(PROVIDED DATA begins)
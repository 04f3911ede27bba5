-- ===== src/Directory/Move.antt =====
-- src/directory/engine.ts: `moveInternal` and `removeFromParent`.
use Prim.Native.String.{String}
use text.Mathlib.Text.{◌==◌ as str_eq}
use foundationdb_effect.Prelude.{
  ℕ, zero, suc, true, false, ◌&&◌, ◌||◌, Option, none, some, List, [], ◌∷◌, ◌==◌, if◌then◌else◌,
  length,
}
use foundationdb_effect.Prelude.Result.{Result, ok, err}
use foundationdb_effect.Bytes.{Bytes}
use foundationdb_effect.Directory.{check_version, find_node}
use foundationdb_effect.Directory.State.{
  DirectoryError, cannot_move_root_directory, cannot_move_into_subdirectory, path_does_not_exist,
  cannot_move_between_partitions, directory_already_exists, bad_destination_directory,
  parent_directory_does_not_exist, invalid_metadata, DirectoryPath, DirectoryLayer, Nodes, Database,
  put_at, rows_of, nodes_of, set_child, path_starts_with, paths_equal, Node, DirectoryOutput,
  directory_subspace, directory_partition, partition_subpath, is_in_partition, contents_of_node,
}
use foundationdb_effect.Directory.Create.{get_contents, last_component, parent_path}

-- Where `moveInternal` goes on: it fails, it moves inside of a partition, or it links the node found
-- below a parent under a name.
pub data MoveDecision : Type 0 where
  move_fails : DirectoryError → MoveDecision
  move_inside : DirectoryLayer → DirectoryPath → DirectoryPath → MoveDecision
  move_here : Node → Node → String → MoveDecision

abbrev pub enter_move : Node → Node → DirectoryOutput → MoveDecision
enter_move old new (directory_partition _ nested) =
    move_inside nested (partition_subpath old) (partition_subpath new)
enter_move old new (directory_subspace _ _ _) = move_fails invalid_metadata

abbrev pub decide_parent : Node → String → Option Node → MoveDecision
decide_parent old name none = move_fails parent_directory_does_not_exist
decide_parent old name (some parent) = move_here old parent name

abbrev pub decide_name :
    DirectoryLayer → Node → DirectoryPath → Nodes → Option String → MoveDecision
decide_name layer old new_path nodes none = move_fails bad_destination_directory
decide_name layer old new_path nodes (some name) =
    decide_parent old name (find_node layer (parent_path new_path) nodes)

abbrev pub decide_new : DirectoryLayer → Node → DirectoryPath → Nodes → Option Node → MoveDecision
decide_new layer old new_path nodes none =
    if is_in_partition old false
    then move_fails cannot_move_between_partitions
    else decide_name layer old new_path nodes (last_component new_path)
decide_new layer old new_path nodes (some new) =
    let old_inside = is_in_partition old false in
    let new_inside = is_in_partition new false in
    if (old_inside && new_inside) && paths_equal old.current_path new.current_path
    then enter_move old new (get_contents layer old)
    else if old_inside || new_inside
    then move_fails cannot_move_between_partitions
    else move_fails directory_already_exists

abbrev pub decide_old : DirectoryLayer → DirectoryPath → Nodes → Option Node → MoveDecision
decide_old layer new_path nodes none = move_fails path_does_not_exist
decide_old layer new_path nodes (some old) =
    decide_new layer old new_path nodes (find_node layer new_path nodes)

-- `moveInternal` behind the check of the version, up to the writes.
unfoldable pub decide_move : DirectoryLayer → DirectoryPath → DirectoryPath → Nodes → MoveDecision
decide_move layer old_path new_path nodes =
    if length old_path == 0
    then move_fails cannot_move_root_directory
    else if path_starts_with new_path old_path
    then move_fails cannot_move_into_subdirectory
    else decide_old layer new_path nodes (find_node layer old_path nodes)

-- `transaction.clear` of a child's key
abbrev pub clear_child : String → List (String × Bytes) → List (String × Bytes)
clear_child name [] = []
clear_child name ((n, prefix) ∷ rest) =
    let rest' = clear_child name rest in if str_eq n name then rest' else (n, prefix) ∷ rest'

abbrev pub unlink : String → Option Node → Nodes → Nodes
unlink name none nodes = nodes
unlink name (some parent) nodes =
    let rows = rows_of parent.prefix nodes in
    put_at parent.prefix (record rows { children = clear_child name rows.children }) nodes

-- `removeFromParent` of a path that is not empty.
abbrev pub remove_from_parent : DirectoryLayer → DirectoryPath → Nodes → Option String → Nodes
remove_from_parent layer path nodes none = nodes
remove_from_parent layer path nodes (some name) =
    unlink name (find_node layer (parent_path path) nodes) nodes

-- The writes of `moveInternal`.
abbrev pub relink : DirectoryLayer → DirectoryPath → Node → Node → String → Nodes → Nodes
relink layer old_path old parent name nodes =
    let rows = rows_of parent.prefix nodes in
    remove_from_parent layer old_path
      (put_at parent.prefix (record rows { children = set_child name old.prefix rows.children })
        nodes)
      (last_component old_path)

-- `moveInternal`; `none` is too little fuel.
unfoldable pub move :
    ℕ
    → DirectoryLayer
    → DirectoryPath
    → DirectoryPath
    → Database
    → Option (Result DirectoryError (DirectoryOutput × Database))
move zero layer old_path new_path db = none
move (suc fuel) layer old_path new_path db = elim (check_version layer true (nodes_of layer db)) [
  | err e ↦ some (err e)
  | ok nodes ↦ elim (decide_move layer old_path new_path nodes) [
    | move_fails e ↦ some (err e)
    | move_inside inner old new ↦ move fuel inner old new (put_at layer.node_prefix nodes db)
    | move_here old parent name ↦ some (
        ok (
          contents_of_node layer old.prefix new_path old.layer,
          put_at layer.node_prefix (relink layer old_path old parent name nodes) db,
        ))
  ]
]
(PROVIDED DATA ends)
## ASSIGNMENT
Please reproduce exactly the lines in the listing above from the one containing "-- ===== src/Directory/Move.antt" through the one containing "decide_parent old name (find_node", both included, and nothing more.

## TASK SOLUTION
-- ===== src/Directory/Move.antt =====
-- src/directory/engine.ts: `moveInternal` and `removeFromParent`.
use Prim.Native.String.{String}
use text.Mathlib.Text.{◌==◌ as str_eq}
use foundationdb_effect.Prelude.{
  ℕ, zero, suc, true, false, ◌&&◌, ◌||◌, Option, none, some, List, [], ◌∷◌, ◌==◌, if◌then◌else◌,
  length,
}
use foundationdb_effect.Prelude.Result.{Result, ok, err}
use foundationdb_effect.Bytes.{Bytes}
use foundationdb_effect.Directory.{check_version, find_node}
use foundationdb_effect.Directory.State.{
  DirectoryError, cannot_move_root_directory, cannot_move_into_subdirectory, path_does_not_exist,
  cannot_move_between_partitions, directory_already_exists, bad_destination_directory,
  parent_directory_does_not_exist, invalid_metadata, DirectoryPath, DirectoryLayer, Nodes, Database,
  put_at, rows_of, nodes_of, set_child, path_starts_with, paths_equal, Node, DirectoryOutput,
  directory_subspace, directory_partition, partition_subpath, is_in_partition, contents_of_node,
}
use foundationdb_effect.Directory.Create.{get_contents, last_component, parent_path}

-- Where `moveInternal` goes on: it fails, it moves inside of a partition, or it links the node found
-- below a parent under a name.
pub data MoveDecision : Type 0 where
  move_fails : DirectoryError → MoveDecision
  move_inside : DirectoryLayer → DirectoryPath → DirectoryPath → MoveDecision
  move_here : Node → Node → String → MoveDecision

abbrev pub enter_move : Node → Node → DirectoryOutput → MoveDecision
enter_move old new (directory_partition _ nested) =
    move_inside nested (partition_subpath old) (partition_subpath new)
enter_move old new (directory_subspace _ _ _) = move_fails invalid_metadata

abbrev pub decide_parent : Node → String → Option Node → MoveDecision
decide_parent old name none = move_fails parent_directory_does_not_exist
decide_parent old name (some parent) = move_here old parent name

abbrev pub decide_name :
    DirectoryLayer → Node → DirectoryPath → Nodes → Option String → MoveDecision
decide_name layer old new_path nodes none = move_fails bad_destination_directory
decide_name layer old new_path nodes (some name) =
    decide_parent old name (find_node layer (parent_path new_path) nodes)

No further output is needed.